REQUIRED ACTION ::
Here is a listing. Write it out again without a single difference.

──────────────────────────────

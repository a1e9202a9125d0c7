-- ===== src/Share/Acquiring.antt =====
-- acquire and its two phases (internal/queuelog/share.go).
use boltq.Prelude.{
  ℕ, zero, suc, ◌+◌, ◌-◌, Bool, true, false, not, List, [], ◌∷◌, ◌++◌, Option, none, some, ltb, leb,
  if◌then◌else◌, GoString, nat_eq, length,
}
use boltq.Stream.{Record}
use boltq.Prelude.Dict.{get, put, keep, maybe}
use boltq.Share.{
  ReadResult, truncated, failed, records, Log, Outside, available, is_acquired, Entry,
  SharePartition, Error, partition_closed, read_failed, Delivery, lease, commit_base,
}
use boltq.Share.Settling.{reap_expired}

-- heap.Pop: the least sequence, and the others
unfoldable pub pop_min : List ℕ → Option (ℕ × List ℕ)
pop_min [] = none
pop_min (s ∷ ss) =
    maybe (some (s, [])) (λ (m, rest). if leb s m then some (s, ss) else some (m, s ∷ rest))
      (pop_min ss)

-- What a round of phase 2 does: end without or with an error, skip, or lease the records read.
pub data Round : Type 0 where
  ends : Bool → Round
  skips : Round
  leases : List Record → Round

-- The round for this much room in the window, and this read.
unfoldable pub round : ℕ → ReadResult → Round
round zero r = ends true
round (suc room) truncated = skips
round (suc room) failed = ends false
round (suc room) (records []) = ends true
round (suc room) (records (r ∷ rs)) = leases (r ∷ rs)

abbrev pub by_round {ℓ} : {A : Type ℓ} → (Bool → A) → A → (List Record → A) → Round → A
by_round end skip lease (ends ok) = end ok
by_round end skip lease skips = skip
by_round end skip lease (leases rs) = lease rs

module _ {E : Type 0} where
  -- Phase 1 of acquire: the oldest released record whose heap entry is not stale.
  unfoldable pub leasable : SharePartition E → ℕ → Option Entry
  leasable sp seq =
      maybe none (λ e. if is_acquired e.state then none else some e) (get sp.entries seq)

  -- On fuel: each round takes one sequence from the heap.
  unfoldable pub redeliver :
      ℕ → ℕ → GoString → ℕ → SharePartition E → List Delivery × SharePartition E
  unfolding leasable
  redeliver zero want consumer now sp = ([], sp)
  redeliver (suc n) zero consumer now sp = ([], sp)
  redeliver (suc n) (suc want) consumer now sp =
      maybe ([], sp)
        (λ (seq, rest).
          maybe (redeliver n (suc want) consumer now (record sp { heap = rest }))
            (λ e.
              let (d, leased) = lease (record sp { heap = rest }) seq e consumer now in
              let (ds, end) = redeliver n want consumer now leased in (d ∷ ds, end))
            (leasable sp seq))
        (pop_min sp.heap)

  -- The records of one read, at most `want` of them.
  unfoldable pub lease_fresh :
      ℕ → List Record → GoString → ℕ → SharePartition E → List Delivery × SharePartition E
  lease_fresh want [] consumer now sp = ([], sp)
  lease_fresh zero (r ∷ rs) consumer now sp = ([], sp)
  lease_fresh (suc want) (r ∷ rs) consumer now sp =
      let e : Entry = record { rec = r; state = available; count = 0; deadline = 0; holder = [] } in
      let added = record sp {
        entries = put sp.entries r.seq e;
        next = if leb sp.next r.seq then suc r.seq else sp.next;
      } in
      let (d, leased) = lease added r.seq e consumer now in
      let (ds, end) = lease_fresh want rs consumer now leased in (d ∷ ds, end)

module _ {E : Type 0} ⦃out : Outside E⦄ where
  -- Deletes what is below `seq`, as skipToLocked does with both maps.
  unfoldable pub skip_to : SharePartition E → ℕ → SharePartition E
  unfolding commit_base
  skip_to sp seq =
      let skipped = record sp {
        entries = keep (λ s e. not (ltb s seq)) sp.entries;
        retired = keep (λ s u. not (ltb s seq)) sp.retired;
        base = seq;
        next = if ltb sp.next seq then seq else sp.next;
      } in
      if leb seq sp.base then sp else if sp.has_cursors then (commit_base skipped).1 else skipped

  unfoldable pub read_next : SharePartition E → ℕ → Log → Round
  read_next sp want log =
      let room = sp.cfg.max_in_flight - (sp.next - sp.base) in
      round room (log.read_from sp.next (if ltb room want then room else want))

  -- Phase 2 of acquire, on fuel: each round reads records, or is the last, or follows a skip.
  unfoldable pub fetch :
      ℕ → ℕ → GoString → ℕ → Log → SharePartition E → List Delivery × (Bool × SharePartition E)
  unfolding read_next
  fetch zero want consumer now log sp = ([], (true, sp))
  fetch (suc n) zero consumer now log sp = ([], (true, sp))
  fetch (suc n) (suc want) consumer now log sp =
      by_round (λ ok. ([], (ok, sp)))
        (fetch n (suc want) consumer now log (skip_to sp log.first_seq))
        (λ rs.
          let (ds, leased) = lease_fresh (suc want) rs consumer now sp in
          let (more, (ok, end)) = fetch n (suc want - length ds) consumer now log leased in
          (ds ++ more, (ok, end)))
        (read_next sp (suc want) log)

  -- A failed read is reported only where no record was leased; the records leased are then not
  -- counted as delivered.
  unfoldable pub finish :
      List Delivery → Bool → SharePartition E → (List Delivery × Option Error) × SharePartition E
  finish ds true sp = ((ds, none), record sp { delivered = sp.delivered + length ds })
  finish [] false sp = (([], some read_failed), sp)
  finish (d ∷ ds) false sp = ((d ∷ ds, none), sp)

  unfoldable pub acquire_open :
      SharePartition E → GoString → ℕ → ℕ → Log → (List Delivery × Option Error) × SharePartition E
  unfolding redeliver fetch finish
  acquire_open sp consumer want now log =
      let (again, sp1) = redeliver (length sp.heap) want consumer now sp in
      let (fresh, (ok, sp2)) = fetch (suc (suc want)) (want - length again) consumer now log sp1 in
      finish (again ++ fresh) ok sp2

  unfoldable pub acquire :
      SharePartition E → GoString → ℕ → ℕ → Log → (List Delivery × Option Error) × SharePartition E
  unfolding acquire_open
  acquire sp consumer zero now log = (([], none), sp)
  acquire sp consumer (suc want) now log =
      if sp.closed
      then (([], some partition_closed), sp)
      else acquire_open (reap_expired sp now) consumer (suc want) now log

──────────────────────────────

SOLUTION FOR THIS TASK ::
repository a1e9202a9125d0c7
-- ===== src/Share/Acquiring.antt =====
-- acquire and its two phases (internal/queuelog/share.go).
use boltq.Prelude.{
  ℕ, zero, suc, ◌+◌, ◌-◌, Bool, true, false, not, List, [], ◌∷◌, ◌++◌, Option, none, some, ltb, leb,
  if◌then◌else◌, GoString, nat_eq, length,
}
use boltq.Stream.{Record}
use boltq.Prelude.Dict.{get, put, keep, maybe}
use boltq.Share.{
  ReadResult, truncated, failed, records, Log, Outside, available, is_acquired, Entry,
  SharePartition, Error, partition_closed, read_failed, Delivery, lease, commit_base,
}
use boltq.Share.Settling.{reap_expired}

-- heap.Pop: the least sequence, and the others
unfoldable pub pop_min : List ℕ → Option (ℕ × List ℕ)
pop_min [] = none
pop_min (s ∷ ss) =
    maybe (some (s, [])) (λ (m, rest). if leb s m then some (s, ss) else some (m, s ∷ rest))
      (pop_min ss)

-- What a round of phase 2 does: end without or with an error, skip, or lease the records read.
pub data Round : Type 0 where
  ends : Bool → Round
  skips : Round
  leases : List Record → Round

-- The round for this much room in the window, and this read.
unfoldable pub round : ℕ → ReadResult → Round
round zero r = ends true
round (suc room) truncated = skips
round (suc room) failed = ends false
round (suc room) (records []) = ends true
round (suc room) (records (r ∷ rs)) = leases (r ∷ rs)

abbrev pub by_round {ℓ} : {A : Type ℓ} → (Bool → A) → A → (List Record → A) → Round → A
by_round end skip lease (ends ok) = end ok
by_round end skip lease skips = skip
by_round end skip lease (leases rs) = lease rs

module _ {E : Type 0} where
  -- Phase 1 of acquire: the oldest released record whose heap entry is not stale.
  unfoldable pub leasable : SharePartition E → ℕ → Option Entry
  leasable sp seq =
      maybe none (λ e. if is_acquired e.state then none else some e) (get sp.entries seq)

  -- On fuel: each round takes one sequence from the heap.
  unfoldable pub redeliver :
      ℕ → ℕ → GoString → ℕ → SharePartition E → List Delivery × SharePartition E
  unfolding leasable
  redeliver zero want consumer now sp = ([], sp)
  redeliver (suc n) zero consumer now sp = ([], sp)
  redeliver (suc n) (suc want) consumer now sp =
      maybe ([], sp)
        (λ (seq, rest).
          maybe (redeliver n (suc want) consumer now (record sp { heap = rest }))
            (λ e.
              let (d, leased) = lease (record sp { heap = rest }) seq e consumer now in
              let (ds, end) = redeliver n want consumer now leased in (d ∷ ds, end))
            (leasable sp seq))
        (pop_min sp.heap)

  -- The records of one read, at most `want` of them.
  unfoldable pub lease_fresh :
      ℕ → List Record → GoString → ℕ → SharePartition E → List Delivery × SharePartition E
  lease_fresh want [] consumer now sp = ([], sp)
  lease_fresh zero (r ∷ rs) consumer now sp = ([], sp)
  lease_fresh (suc want) (r ∷ rs) consumer now sp =
      let e : Entry = record { rec = r; state = available; count = 0; deadline = 0; holder = [] } in
      let added = record sp {
        entries = put sp.entries r.seq e;
        next = if leb sp.next r.seq then suc r.seq else sp.next;
      } in
      let (d, leased) = lease added r.seq e consumer now in
      let (ds, end) = lease_fresh want rs consumer now leased in (d ∷ ds, end)

module _ {E : Type 0} ⦃out : Outside E⦄ where
  -- Deletes what is below `seq`, as skipToLocked does with both maps.
  unfoldable pub skip_to : SharePartition E → ℕ → SharePartition E
  unfolding commit_base
  skip_to sp seq =
      let skipped = record sp {
        entries = keep (λ s e. not (ltb s seq)) sp.entries;
        retired = keep (λ s u. not (ltb s seq)) sp.retired;
        base = seq;
        next = if ltb sp.next seq then seq else sp.next;
      } in
      if leb seq sp.base then sp else if sp.has_cursors then (commit_base skipped).1 else skipped

  unfoldable pub read_next : SharePartition E → ℕ → Log → Round
  read_next sp want log =
      let room = sp.cfg.max_in_flight - (sp.next - sp.base) in
      round room (log.read_from sp.next (if ltb room want then room else want))

  -- Phase 2 of acquire, on fuel: each round reads records, or is the last, or follows a skip.
  unfoldable pub fetch :
      ℕ → ℕ → GoString → ℕ → Log → SharePartition E → List Delivery × (Bool × SharePartition E)
  unfolding read_next
  fetch zero want consumer now log sp = ([], (true, sp))
  fetch (suc n) zero consumer now log sp = ([], (true, sp))
  fetch (suc n) (suc want) consumer now log sp =
      by_round (λ ok. ([], (ok, sp)))
        (fetch n (suc want) consumer now log (skip_to sp log.first_seq))
        (λ rs.
          let (ds, leased) = lease_fresh (suc want) rs consumer now sp in
          let (more, (ok, end)) = fetch n (suc want - length ds) consumer now log leased in
          (ds ++ more, (ok, end)))
        (read_next sp (suc want) log)

  -- A failed read is reported only where no record was leased; the records leased are then not
  -- counted as delivered.
  unfoldable pub finish :
      List Delivery → Bool → SharePartition E → (List Delivery × Option Error) × SharePartition E
  finish ds true sp = ((ds, none), record sp { delivered = sp.delivered + length ds })
  finish [] false sp = (([], some read_failed), sp)
  finish (d ∷ ds) false sp = ((d ∷ ds, none), sp)

  unfoldable pub acquire_open :
      SharePartition E → GoString → ℕ → ℕ → Log → (List Delivery × Option Error) × SharePartition E
  unfolding redeliver fetch finish
  acquire_open sp consumer want now log =
      let (again, sp1) = redeliver (length sp.heap) want consumer now sp in
      let (fresh, (ok, sp2)) = fetch (suc (suc want)) (want - length again) consumer now log sp1 in
      finish (again ++ fresh) ok sp2

  unfoldable pub acquire :
      SharePartition E → GoString → ℕ → ℕ → Log → (List Delivery × Option Error) × SharePartition E
  unfolding acquire_open
  acquire sp consumer zero now log = (([], none), sp)
  acquire sp consumer (suc want) now log =
      if sp.closed
      then (([], some partition_closed), sp)
      else acquire_open (reap_expired sp now) consumer (suc want) now log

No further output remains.